# Bundesverbände: VDSF und DAV, der Vergleich



## Thomas9904 (8. Juli 2010)

*Bundesverbände: VDSF und DAV, der Vergleich, Teil 1: Die Satzungen*​
Verbände sind für jede Interessensgruppe wichtig. Gerade auch bei Anglern. Viele in der Öffentlichkeit populäre Verbände der Natur/Tier/Umweltschützer kann man ja nun nicht gerade als Freunde der Angelei bezeichnen.

Umso wichtiger, dass es Verbände für die Angler gibt, die da eine offensive Strategie vertreten, um die Interessen von fast 5 Millionen Anglern in Deutschland zu vertreten.

Wenn es wie bei den Anglern 2 bundesweite Dachverbände gibt, wird dies sicherlich nicht einfacher. Mit einem gemeinsamen Dachverband könnte man gegenüber Politik, Medien, Gesellschaft und anderen Interessensruppen deutlich stärker auftreten. 

Da sich aber die zwei Dachverbände der Angler teilweise deutlich unterscheiden, muss man sich als Angler Gedanken machen, welcher Dachverband da am nächsten bei den Interessen der Angler liegt. 

Im föderalen System - wenn es ums Fischereirecht und damit auch ums Angeln  geht - ist in der Bundesrepublik alles ziemlich zersplittert und uneinheitlich. Das gilt nicht zuletzt auch für die Landesverbände von DAV und VDSF.

Daher macht es wenig Sinn, hier alle Landesverbände vorzustellen, sondern wir widmen uns lieber den Bundesverbäden. Auch wenn diese gegenüber ihren jeweiligen Landesverbänden keine Weisungsbefugnis haben, da diese juristisch selbständig sind, geben die Bundesverbände doch zumindest die jeweilige "Zielrichtung" vor Und nach denen sollen/müssen sich ja auch die Landesverbände richten. Und nach denen sind auch die Satzungen der jeweiligen Landesverbände "konstruiert" worden.

Es gibt viele Themen, die auch hier im Anglerboard immer wieder diskutiert werden, zu denen die jeweiligen Dachverbände ihre Meinungen vertreten oder veröffentlichen, Definitionen aufstellen und Öffentlichkeitsarbeit betreiben.
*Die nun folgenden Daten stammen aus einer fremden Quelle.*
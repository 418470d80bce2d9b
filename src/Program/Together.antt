-- ===== src/Program/Together.antt =====
-- The server of src/main.cpp with all its threads, from the end of the start on: its polling threads
-- and the pool's.
use eventplus.Prelude.{
  ℕ, ◌<◌, ◌≡◌, inl, inr, true, false, pos, List, Option, some, Result, ok, err, first_link, Returns,
  Bool, Bool-cases, length, get_elem?_lt, arith, subst,
}
use eventplus.Common.Details.{Bytes, Ptr, Poller, tls_server}
use eventplus.Common.Os.{Os}
use eventplus.Common.Ssl.{Ssl}
use eventplus.Certificate.{CertificateHandler}
use eventplus.TlsHandler
use eventplus.TlsHandler.Session.{tls_server_handler-HandlerLaws}
use eventplus.NetworkEvent.SocketEventHandler.{Leftover}
use eventplus.NetworkEvent.EventScheduler.Every.{Every-get_elem?}
use eventplus.NetworkEvent.Turns.{at_test, polling_turn}
use eventplus.Server.State.{Server, poller}
use eventplus.Server.Connections.{Uninit}
use eventplus.Server.Lifecycle.{
  Unset, create_server, set_socket_operation_handler, set_event_receiver,
  start_receiving_connection, create_server_socket_and_start_receiving,
}
use eventplus.Server.System.{own_handler, callbacks}
use eventplus.Server.Total.{IsWorking}
use eventplus.Server.Threads.{System, move, Promises, Reaches}
use eventplus.Server.Threads.Steady.{IsWired, IsSteady}
use eventplus.Server.Threads.Safety.{reached_threads-handle}
use eventplus.Server.Wiring.{
  IsLinked, IsLinkedServer, start_receiving_connection-IsLinkedServer, create_server-CallsRemoval,
  create_server_socket_and_start_receiving-IsLinkedServer,
}
use eventplus.Program.{start_program, num_cores, local_host}
use eventplus.Program.Start.{Started, num_cores-pos, start_program-Started}
use eventplus.Program.Runs.{handlers}

module _ {W : Type 0} where
  -- Every polling thread is at the test of its loop.
  abbrev pub all_at_test : Server W → System W
  all_at_test s = record { server = s; place = λ who. at_test }

  same_program : (s s' : Server W) → ok (some s) ≡ ok (some s') → s ≡ s'
  same_program s s' e = cc

  IsLinkedServer-IsWired : (s : Server W) → IsWorking s → IsLinkedServer s → IsWired s
  unfolding own_handler poller
  IsLinkedServer-IsWired s v l = record {
    to_door = l.to_door;
    to_pool = λ i lt.
        let (h, there) =
          get_elem?_lt s.event_scheduler.socket_event_handlers i
            (omega (arith, v.threads.counted, lt)) in
        rw (there, own_handler, poller)
          (Every-get_elem? IsLinked s.event_scheduler.socket_event_handlers i h l.threads there).0;
  }

module _ {W : Type 0} (os : Os W) (ssl : Ssl W) where
  start_program-IsLinkedServer :
      (cores : ℕ) (certificate key : Bytes) (unset : Unset) (left : ℕ → List Leftover)
      → ((n : ℕ) → length (left n) ≡ n)
      → (uninit_ssl : Option Ptr) (w : W) (s : Server W)
      → start_program os ssl cores certificate key unset left uninit_ssl w ≡ ok (some s)
      → IsLinkedServer s
  unfolding start_program set_socket_operation_handler set_event_receiver
  start_program-IsLinkedServer cores certificate key unset left counts uninit_ssl w s e =
      let threads = left (num_cores cores) in
      let some_thread : 0 < length threads = rw (counts (num_cores cores)) (num_cores-pos cores) in
      let ((loaded, h, w1), a, e1) =
        first_link (TlsHandler.load_certificate ssl certificate key w) (some s) e in
      elim (Bool-cases loaded) [
        | inr refused ↦ let no_server = rw refused at e1 in absurd (cc)
        | inl good ↦
            let (s1, b, e2) =
              first_link (create_server os unset threads local_host (pos 8089) w1) (some s)
                (rw good at e1) in
            let (s2, c, e3) =
              first_link
                (start_receiving_connection (set_socket_operation_handler (some tls_server) s1))
                (some s) e2 in
            let ((listens, s3), d, e4) =
              first_link (create_server_socket_and_start_receiving os uninit_ssl s2) (some s) e3 in
            let (door, valid, removes) =
              create_server-CallsRemoval os unset threads local_host (pos 8089) w1 s1 some_thread
                b in
            let l2 = start_receiving_connection-IsLinkedServer _ s2 door valid removes c in
            let l3 =
              create_server_socket_and_start_receiving-IsLinkedServer os uninit_ssl s2 s3 listens l2
                d in
            let same = same_program (record s3 { event_receiver = true }) s e4 in
            subst IsLinkedServer same (record { to_door = l3.to_door; threads = l3.threads })
      ]

  Started-IsWorking :
      (m : Result (Bool × Option CertificateHandler × W)) (r : Result (Option (Server W)))
      (s : Server W)
      → Started m r
      → r ≡ ok (some s)
      → IsWorking s
  Started-IsWorking (ok (true, h, w)) r s (inl begun) e =
      let (s0, same, v, receives) = rw e at begun in let one : s0 ≡ s = cc in subst IsWorking one v
  Started-IsWorking (ok (true, h, w)) r s (inr thrown) e = absurd (cc)
  Started-IsWorking (ok (false, h, w)) r s none_made e = absurd (cc)
  Started-IsWorking (err f) r s (same, which) e = absurd (cc)

module _ {W : Type 0} (os : Os W) (ssl : Ssl W) (cores : ℕ) (certificate key : Bytes)
    (unset : Unset) (left : ℕ → List Leftover) (counts : (n : ℕ) → length (left n) ≡ n)
    (uninit_ssl : Option Ptr) (w : W) (s : Server W)
    (starts : start_program os ssl cores certificate key unset left uninit_ssl w
      ≡ ok (some s)) where
  start_program-IsSteady : IsSteady (all_at_test s)
  start_program-IsSteady =
      let v =
        Started-IsWorking os ssl _ _ s
          (start_program-Started os ssl cores certificate key unset left counts uninit_ssl w)
          starts in
      record {
        working = v;
        wired = IsLinkedServer-IsWired s v (
            start_program-IsLinkedServer os ssl cores certificate key unset left counts uninit_ssl w
              s starts);
        pending = λ who. tt;
      }

  -- `main` has started its server. However many cores there are, whatever the certificates and the
  -- TLS library say to its clients, and however its polling threads, each somewhere in its loop,
  -- the threads of the pool and the world take turns: if the calls of the system keep their
  -- promises, every polling thread makes its next step without a fault, and what each has been told
  -- of stays good until it is handled.
  pub start_program-threads :
      (fuel : ℕ) (h : CertificateHandler) (uninit : Uninit) (y : System W)
      → Reaches os (handlers os ssl fuel h) uninit (all_at_test s) y
      → (who : Poller) → Promises os (handlers os ssl fuel h) uninit who (y.place who) y
      → Returns
          (λ (place, s'). IsSteady (record { server = s'; place = move y.place who place }))
          (polling_turn (callbacks os (handlers os ssl fuel h) uninit who) (y.place who) y.server)
  start_program-threads fuel h uninit y reached who promised =
      reached_threads-handle os (handlers os ssl fuel h)
        (λ c. tls_server_handler-HandlerLaws os ssl fuel h) uninit (all_at_test s) y
        start_program-IsSteady reached who promised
Da viele Angler ja zwangsweise in Vereinen sein müssen, um überhaupt an ein Gewässer zu kommen, diese Vereine dann wiederum meistens einem der beiden Verbände angehören, sollten also die Angler schon wissen, welche Standpunkte und Meinungen die beiden Dachverbände vertreten.
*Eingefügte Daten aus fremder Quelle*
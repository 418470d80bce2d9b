-- ===== src/Server.antt =====
-- src/socket/server/TcpServerSocket.{h,cpp}: the server that owns the client connections.
pub mod State
pub mod Connections
pub mod Lifecycle
pub mod System
pub mod Registry
pub mod Distinct
pub mod Ownership
pub mod Total
pub mod Polled
pub mod Races
pub mod Roster
pub mod Refinement
pub mod Simulation
pub mod Trace
pub mod Stopping
pub mod Destruction
pub mod Beside
pub mod Door
pub mod Eviction
pub mod Late
pub mod PoolTurn
pub mod Tasks
pub mod Threads
pub mod Batch
pub mod Closing
pub mod Boot
pub mod Wiring
pub mod Reachable
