-- ===== src/Server/Closing.antt =====
-- `closeAllClientSocket` of src/socket/server/TcpServerSocket.cpp: no client's store is left
-- behind.
use eventplus.Prelude.{
  ◌≡◌, ◌≢◌, refl, ◌∙◌, inl, inr, ℤ, List, [], ◌∷◌, Option, some, Returns, Returns->>=, Returns-map,
  subst, sym,
}
use eventplus.Common.Details.{Ptr, EventStore, HandlerClass}
use eventplus.Common.Os.{Os}
use eventplus.Common.Handler.{BaseSocketHandler, KeepsStore, HandlerLaws}
use eventplus.Common.Handler
use eventplus.Server.State.{Server, lookup, update, delete, write}
use eventplus.Server.Lifecycle.{delete_all, clear_clients, close_clients, close_all_client_socket}
use eventplus.Server.Registry.{
  update_same, update_other, update_survivor, delete_survivor, ptr-cases, int-cases,
}
use eventplus.Server.Distinct.{Distinct, lookup-head, lookup-tail}
use eventplus.Server.Ownership.{HasHandler}
use eventplus.Server.Total.{IsWorking, deref-live, close_connection-Keeps}

-- Each entry's store is there and has a handler.
abbrev pub AllLive : List (ℤ × Ptr) → (Ptr → Option EventStore) → Type 0
AllLive [] cell = Unit {0}
AllLive ((fd, p) ∷ m) cell =
    ((st : EventStore) × (cell p ≡ some st) × HasHandler st.socket_operation_handler)
    × AllLive m cell

pub AllLive-write :
    (m : List (ℤ × Ptr)) (cell : Ptr → Option EventStore) (p : Ptr) (new : EventStore)
    → HasHandler new.socket_operation_handler
    → AllLive m cell
    → AllLive m (update cell p (some new))
AllLive-write [] cell p new h live = tt
AllLive-write ((fd, q) ∷ m) cell p new h ((st, c, g), live) = (
  elim (ptr-cases p q) [
    | inl e ↦ (new, (rw (← e) (update_same cell p _)), h)
    | inr e ↦ (st, update_other cell p q _ e ∙ c, g)
  ],
  AllLive-write m cell p new h live,
)

pub AllLive-Distinct :
    (m : List (ℤ × Ptr)) (cell : Ptr → Option EventStore)
    → Distinct m
    → ((j : ℤ) (q : Ptr)
        → lookup j m ≡ some q
        → (st : EventStore) × (cell q ≡ some st) × HasHandler st.socket_operation_handler)
    → AllLive m cell
AllLive-Distinct [] cell d known = tt
AllLive-Distinct ((k, p) ∷ m) cell (fresh, d) known = (
  known k p (lookup-head k p m),
  AllLive-Distinct m cell d (λ j q l. known j q (lookup-tail k j p q m fresh l)),
)

-- What is there after the deletions was there before, under no key.
pub delete_all_survivor :
    (m : List (ℤ × Ptr)) (cell : Ptr → Option EventStore) (q : Ptr) (st : EventStore)
    → delete_all m cell q ≡ some st
    → (cell q ≡ some st) × ((j : ℤ) → lookup j m ≢ some q)
unfolding delete_all lookup
delete_all_survivor [] cell q st c = (c, λ j l. cc)
delete_all_survivor ((k, p) ∷ m) cell q st c =
    let (c', other) = delete_all_survivor m (delete cell (some p)) q st c in
    let (c'', gone) = delete_survivor cell (some p) q st c' in
    (
      c'',
      λ j l. elim (int-cases k j) [
        | inl (e, t) ↦ gone (rw t at l)
        | inr (e, t) ↦ other j (rw t at l)
      ],
    )

module _ {W : Type 0} (os : Os W) (table : HandlerClass → BaseSocketHandler W)
    (laws : (c : HandlerClass) → HandlerLaws (table c)) where
  -- Closing connections makes no store.
  abbrev Closes : Server W → Server W → Type 0
  Closes s s' =
      (s'.client_event_stores ≡ s.client_event_stores)
      × (s'.event_store ≡ s.event_store)
      × ((q : Ptr) (st' : EventStore)
          → s'.cell q ≡ some st'
          → (st : EventStore) × (s.cell q ≡ some st))

  close_clients-Closes :
      (m : List (ℤ × Ptr)) (s : Server W)
      → AllLive m s.cell
      → Returns (Closes s) (close_clients os table m s)
  unfolding close_clients
  close_clients-Closes [] s live = (refl, refl, λ q st c. (st, c))
  close_clients-Closes ((fd, p) ∷ m) s ((st, c, h), live) = rw (deref-live os table laws p st s c) (
      Returns->>= (λ r. KeepsStore st r.0) (Closes s) (Handler.close_connection table st s.world) _
        (close_connection-Keeps table laws st s.world h)
        λ (st', w) (i, t, g).
          let s1 = write p st' (record s { world = w }) in
          let h' = subst HasHandler (sym g) h in
          Returns-map (Closes s1) (Closes s) (close_clients os table m s1)
            (close_clients-Closes m s1 (AllLive-write m s.cell p st' h' live))
            λ s' (a, b, before). (
              a,
              b,
              λ q st'' c''.
                  let (x, e) = before q st'' c'' in
                  elim (update_survivor s.cell p q st' x e) [
                    | inl (same, k) ↦ (st, (rw (← same) c))
                    | inr (other, k) ↦ (x, k)
                  ],
            ))

  -- With handlers that keep their laws, on a working server `closeAllClientSocket` closes every
  -- client without a fault; afterwards the client map is empty, and no store is left but that of
  -- the listening socket.
  pub close_all_client_socket-Clears :
      (s : Server W)
      → IsWorking s
      → Returns
          (λ s'.
            (s'.client_event_stores ≡ [])
            × ((q : Ptr) (st : EventStore) → s'.cell q ≡ some st → s.event_store ≡ some q))
          (close_all_client_socket os table s)
  unfolding close_all_client_socket clear_clients
  close_all_client_socket-Clears s v =
      let m = s.client_event_stores in
      let live = AllLive-Distinct m s.cell v.owners.distinct (λ j q l.
        let (st, c, i) = v.owners.registered j q l in (st, c, (v.owners.ready q st c).1)) in
      Returns->>= (Closes s) _ (close_clients os table m s) _ (close_clients-Closes m s live)
        λ s1 (same, e, before). (
          refl,
          λ q st c.
              let (c1, gone) = delete_all_survivor s1.client_event_stores s1.cell q st c in
              let (st0, c0) = before q st c1 in
              elim (v.owners.owned q st0 c0) [
                | inl l ↦ l
                | inr l ↦ absurd (gone st0.socket_id (rw same l))
              ],
        )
Und auch wenn für den DAV feststeht und das auch so veröffentlicht wird, dass erst nach einer anglerfreundlichen Satzungsänderung des VDSF überhaupt erst an eine Fusion zu denken ist, müssen wir ja jetzt zuerst mal von dem ausgehen, was momentan rechtsgültig ist. Es weiss ja keiner, wasa da mal beschlossen werden wird - wenn überhaupt..
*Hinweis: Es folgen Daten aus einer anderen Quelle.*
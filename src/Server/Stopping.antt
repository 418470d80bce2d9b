-- ===== src/Server/Stopping.antt =====
-- `stopPolling` of src/socket/server/TcpServerSocket.cpp, the body of its destructor: the clients
-- are closed, and every polling loop ends.
use eventplus.Prelude.{
  ℕ, zero, suc, ◌≡◌, refl, sym, ap, ◌∙◌, ◌⊎◌, inl, inr, ℤ, minus_one, false, List, [], ◌∷◌, some,
  ok, Returns, Returns-ok, Returns->>=, Returns-map, first_link, int_eq, int_eq_refl, Bool-cases,
  Option-cases, get_elem?, length, subst,
}
use eventplus.Common.Details.{
  Ptr, EventStore, Poller, listener, scheduled, client_poller, HandlerClass,
}
use eventplus.Common.Os.{Os}
use eventplus.Common.Handler.{BaseSocketHandler, KeepsStore, HandlerLaws}
use eventplus.Common.Handler
use eventplus.SocketHandler.{is_socket_closed}
use eventplus.NetworkEvent.SocketEventHandler.{SocketEventHandler, stop_event_thread, close_epoll}
use eventplus.NetworkEvent.EventScheduler.{stop_handlers, stop_all_polling_and_thread}
use eventplus.NetworkEvent.Polling.{start_polling, start_polling-off}
use eventplus.Server.State.{Server, deref, poller}
use eventplus.Server.Connections.{Uninit}
use eventplus.Server.Lifecycle.{
  close_server_socket, close_clients, close_all_client_socket, clear_clients, stop_polling,
}
use eventplus.Server.System.{own_handler, callbacks}
use eventplus.Server.Closing.{close_all_client_socket-Clears}
use eventplus.Server.Total.{IsWorking, deref-live, write-IsWorking, close_connection-Keeps}

abbrev pub IsStopped : SocketEventHandler → Type 0
IsStopped h = (h.continue_polling ≡ false) × (h.epoll_file_descriptor ≡ minus_one)

abbrev pub AllStopped : List SocketEventHandler → Type 0
AllStopped [] = Unit {0}
AllStopped (h ∷ hs) = IsStopped h × AllStopped hs

module _ {W : Type 0} (os : Os W) where
  stop_event_thread-IsStopped :
      (h : SocketEventHandler) (w : W) → IsStopped (stop_event_thread os h w).0
  unfolding stop_event_thread close_epoll
  stop_event_thread-IsStopped h w = (refl, refl)

  pub stop_handlers-AllStopped :
      (hs : List SocketEventHandler) (w : W)
      → AllStopped (stop_handlers os hs w).0 × (length (stop_handlers os hs w).0 ≡ length hs)
  unfolding stop_handlers
  stop_handlers-AllStopped [] w = (tt, refl)
  stop_handlers-AllStopped (h ∷ hs) w =
      let (all, count) = stop_handlers-AllStopped hs _ in
      ((stop_event_thread-IsStopped h w, all), ap suc count)

AllStopped-get_elem? :
    (hs : List SocketEventHandler) (i : ℕ) (h : SocketEventHandler)
    → AllStopped hs
    → get_elem? hs i ≡ some h
    → IsStopped h
AllStopped-get_elem? [] i h all e = cc
AllStopped-get_elem? (x ∷ hs) zero h all e = let same : x ≡ h = cc in rw (← same) all.0
AllStopped-get_elem? (x ∷ hs) (suc i) h all e = AllStopped-get_elem? hs i h all.1 e

module _ {W : Type 0} where
  abbrev ThreadsStopped : Server W → Type 0
  ThreadsStopped s =
      IsStopped s.socket_event_handler × AllStopped s.event_scheduler.socket_event_handlers

  -- The threads are left alone.
  abbrev pub SameThreads : Server W → Server W → Type 0
  SameThreads s s' =
      (s'.socket_event_handler ≡ s.socket_event_handler) × (s'.event_scheduler ≡ s.event_scheduler)

  -- There is a listening store, or `m_serverSocketID` says that there is none.
  abbrev pub CanStop : Server W → Type 0
  CanStop s = (s.server_socket_id ≡ minus_one) ⊎ ((p : Ptr) × (s.event_store ≡ some p))

  own_handler-IsStopped :
      (who : Poller) (s : Server W) → ThreadsStopped s → IsStopped (own_handler who s)
  unfolding own_handler poller
  own_handler-IsStopped listener s (own, all) = own
  own_handler-IsStopped client_poller s (own, all) = own
  own_handler-IsStopped (scheduled i) s (own, all) =
      elim (Option-cases (get_elem? s.event_scheduler.socket_event_handlers i)) [
        | inl e ↦ rw (e, own_handler, poller) own
        | inr (h, e) ↦ rw (e, own_handler, poller) (AllStopped-get_elem? _ i h all e)
      ]

module _ {W : Type 0} (os : Os W) (table : HandlerClass → BaseSocketHandler W) where
  -- No client and no client's store is left, and the polling loop of any thread ends when it comes
  -- to its test.
  abbrev pub Stopped : Uninit → Server W → Server W → Type 0
  Stopped uninit s s' =
      (s'.client_event_stores ≡ [])
      × ((q : Ptr) (st : EventStore) → s'.cell q ≡ some st → s.event_store ≡ some q)
      × ((who : Poller) (fuel : ℕ)
          → start_polling (callbacks os table uninit who) (suc fuel) s' ≡ ok s')

module _ {W : Type 0} (os : Os W) (table : HandlerClass → BaseSocketHandler W)
    (laws : (c : HandlerClass) → HandlerLaws (table c)) where
  abbrev pub StillWorks : Server W → Server W → Type 0
  StillWorks s s' = IsWorking s' × (s'.event_store ≡ s.event_store)

  pub in_world : (s : Server W) (w : W) → IsWorking s → IsWorking (record s { world = w })
  in_world s w v = record { owners = v.owners; threads = v.threads; handler = v.handler }

  pub close_server_socket-StillWorks :
      (s : Server W)
      → IsWorking s
      → CanStop s
      → Returns (StillWorks s) (close_server_socket os table s)
  unfolding close_server_socket
  close_server_socket-StillWorks s v can = elim (Bool-cases (int_eq s.server_socket_id minus_one)) [
    | inl unset ↦ rw unset (v, refl)
    | inr is_set ↦ rw is_set (elim (Bool-cases (is_socket_closed os s.server_socket_id s.world).0) [
      | inl closed ↦ rw closed (in_world s _ v, refl)
      | inr open_still ↦ rw open_still (elim can [
        | inl none_set ↦ let no = rw (none_set, int_eq_refl minus_one) at is_set in absurd (cc)
        | inr (p, e) ↦
            let (st, live) = v.owners.listening p e in
            let read = ap (λ o. deref o s) e ∙ deref-live os table laws p st s live in
            rw read (
              Returns->>= (λ r. KeepsStore st r.0) (StillWorks s)
                (Handler.close_connection table st _) _
                (close_connection-Keeps table laws st _ (v.owners.ready p st live).1)
                λ (st', w) k. (
                  write-IsWorking os table laws p st st' (record s { world = w }) (in_world s w v)
                      live k,
                  refl,
                ))
      ])
    ])
  ]

  close_clients-SameThreads :
      (m : List (ℤ × Ptr)) (s s' : Server W) → close_clients os table m s ≡ ok s' → SameThreads s s'
  unfolding close_clients
  close_clients-SameThreads [] s s' e = let same : s ≡ s' = cc in (rw same refl, rw same refl)
  close_clients-SameThreads ((fd, p) ∷ m) s s' e =
      let ((q, store), read, e1) = first_link (deref (some p) s) s' e in
      let ((store', w), closed, e2) =
        first_link (Handler.close_connection table store s.world) s' e1 in
      close_clients-SameThreads m _ s' e2

  pub close_all_client_socket-SameThreads :
      (s s' : Server W) → close_all_client_socket os table s ≡ ok s' → SameThreads s s'
  unfolding close_all_client_socket clear_clients
  close_all_client_socket-SameThreads s s' e =
      let (s1, closed, e1) = first_link (close_clients os table s.client_event_stores s) s' e in
      let (own, all) = close_clients-SameThreads s.client_event_stores s s1 closed in
      let same : clear_clients s1 ≡ s' = cc in (rw (← same) own, rw (← same) all)

  -- With handlers that keep their laws, on a working server that has a listening store, or that
  -- never got a server socket: `stopPolling` ends without a fault. Afterwards no client and no
  -- client's store is left, and the polling loop of any of its threads ends when it comes to its
  -- test.
  pub stop_polling-Stopped :
      (uninit : Uninit) (s : Server W)
      → IsWorking s
      → CanStop s
      → Returns (Stopped os table uninit s) (stop_polling os table s)
  unfolding stop_polling stop_all_polling_and_thread
  stop_polling-Stopped uninit s v can =
      Returns->>= (StillWorks s) (Stopped os table uninit s) (close_server_socket os table s) _
        (close_server_socket-StillWorks s v can)
        λ s1 (v1, e).
          let (own, w1) = stop_event_thread os s1.socket_event_handler s1.world in
          let (scheduler, w2) = stop_all_polling_and_thread os s1.event_scheduler w1 in
          let s2 = record s1 {
            socket_event_handler = own;
            event_scheduler = scheduler;
            world = w2;
          } in
          let (all, count) =
            stop_handlers-AllStopped os s1.event_scheduler.socket_event_handlers w1 in
          let v2 : IsWorking s2 = record {
            owners = v1.owners;
            threads = record { counted = count ∙ v1.threads.counted; served = v1.threads.served };
            handler = v1.handler;
          } in
          let cleared = close_all_client_socket-Clears os table laws s2 v2 in
          Returns-map _ (Stopped os table uninit s) (close_all_client_socket os table s2)
            (Returns-ok _ (close_all_client_socket os table s2) cleared
              (λ s' ran. close_all_client_socket-SameThreads s2 s' ran))
            λ s' ((none_left, stores), (own_kept, all_kept)).
              let threads : ThreadsStopped s' = (
                subst IsStopped (sym own_kept) (stop_event_thread-IsStopped os _ _),
                subst (λ x. AllStopped x.socket_event_handlers) (sym all_kept) all,
              ) in
              (
                none_left,
                λ q st c. sym e ∙ stores q st c,
                λ who fuel.
                    start_polling-off (callbacks os table uninit who) fuel s'
                      (own_handler-IsStopped who s' threads).0,
              )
Da ist natürlich dann zuerst einmal die Satzung beider Verbände zu vergleichen. Dort wird ja nicht nur das juristische und verwaltungsmäßige Prozedere festgelgt, auch der Zweck eines Verbandes sowie die Mittel, mit denen das umgesetzt werden soll, sind da festgeschrieben.

*Die Satzungen der Verbände​*Und da gibt es doch erhebliche Unterschiede schon gleich zu Beginn der Satzungen, in denen der Zweck der Verbände festgelegt wird.

*Der Verbandszweck*
Nachfolgend also aus beiden Satzungen der "Zweck", den der jeweilige Verband für sich selber sieht und der verfolgt wird.

*Satzung VDSF*




*Satzung DAV*


> 1.Der DAV ist eine Vereinigung von Anglerverbänden und -vereinen in Deutschland, deren vorrangigstes Anliegen darin besteht, für ein waidgerechtes Angeln einzutreten und sich von den Grundsätzen des Umwelt- und Naturschutzes, insbesondere den Anforderungen des Biotop- und Artenschutzes, leiten zu lassen. Dabei setzt er sich besonders für die Erhaltung und Schaffung gesunder aquatischer Lebensräume zum Wohle der Allgemeinheit ein.
> Der DAV versteht sich als überparteiliche Organisation, die für alle Konfessionen offen steht und in der weder rassenmäßige oder nationale Schranken noch ideologische Vorurteile bestehen.



*Unterschiede*
Während also beim VDSF in disem Punkt der Satzung das Wort "Angler" überhaupt nur einmal auftaucht in Verbindung damit, dass sich der VDSF als Vertretung nur der organisierten Angler sieht, geht es ansonsten beim VDSF nicht ums Angeln, sondern nur um Naturschutz- und Gewässerschutz. 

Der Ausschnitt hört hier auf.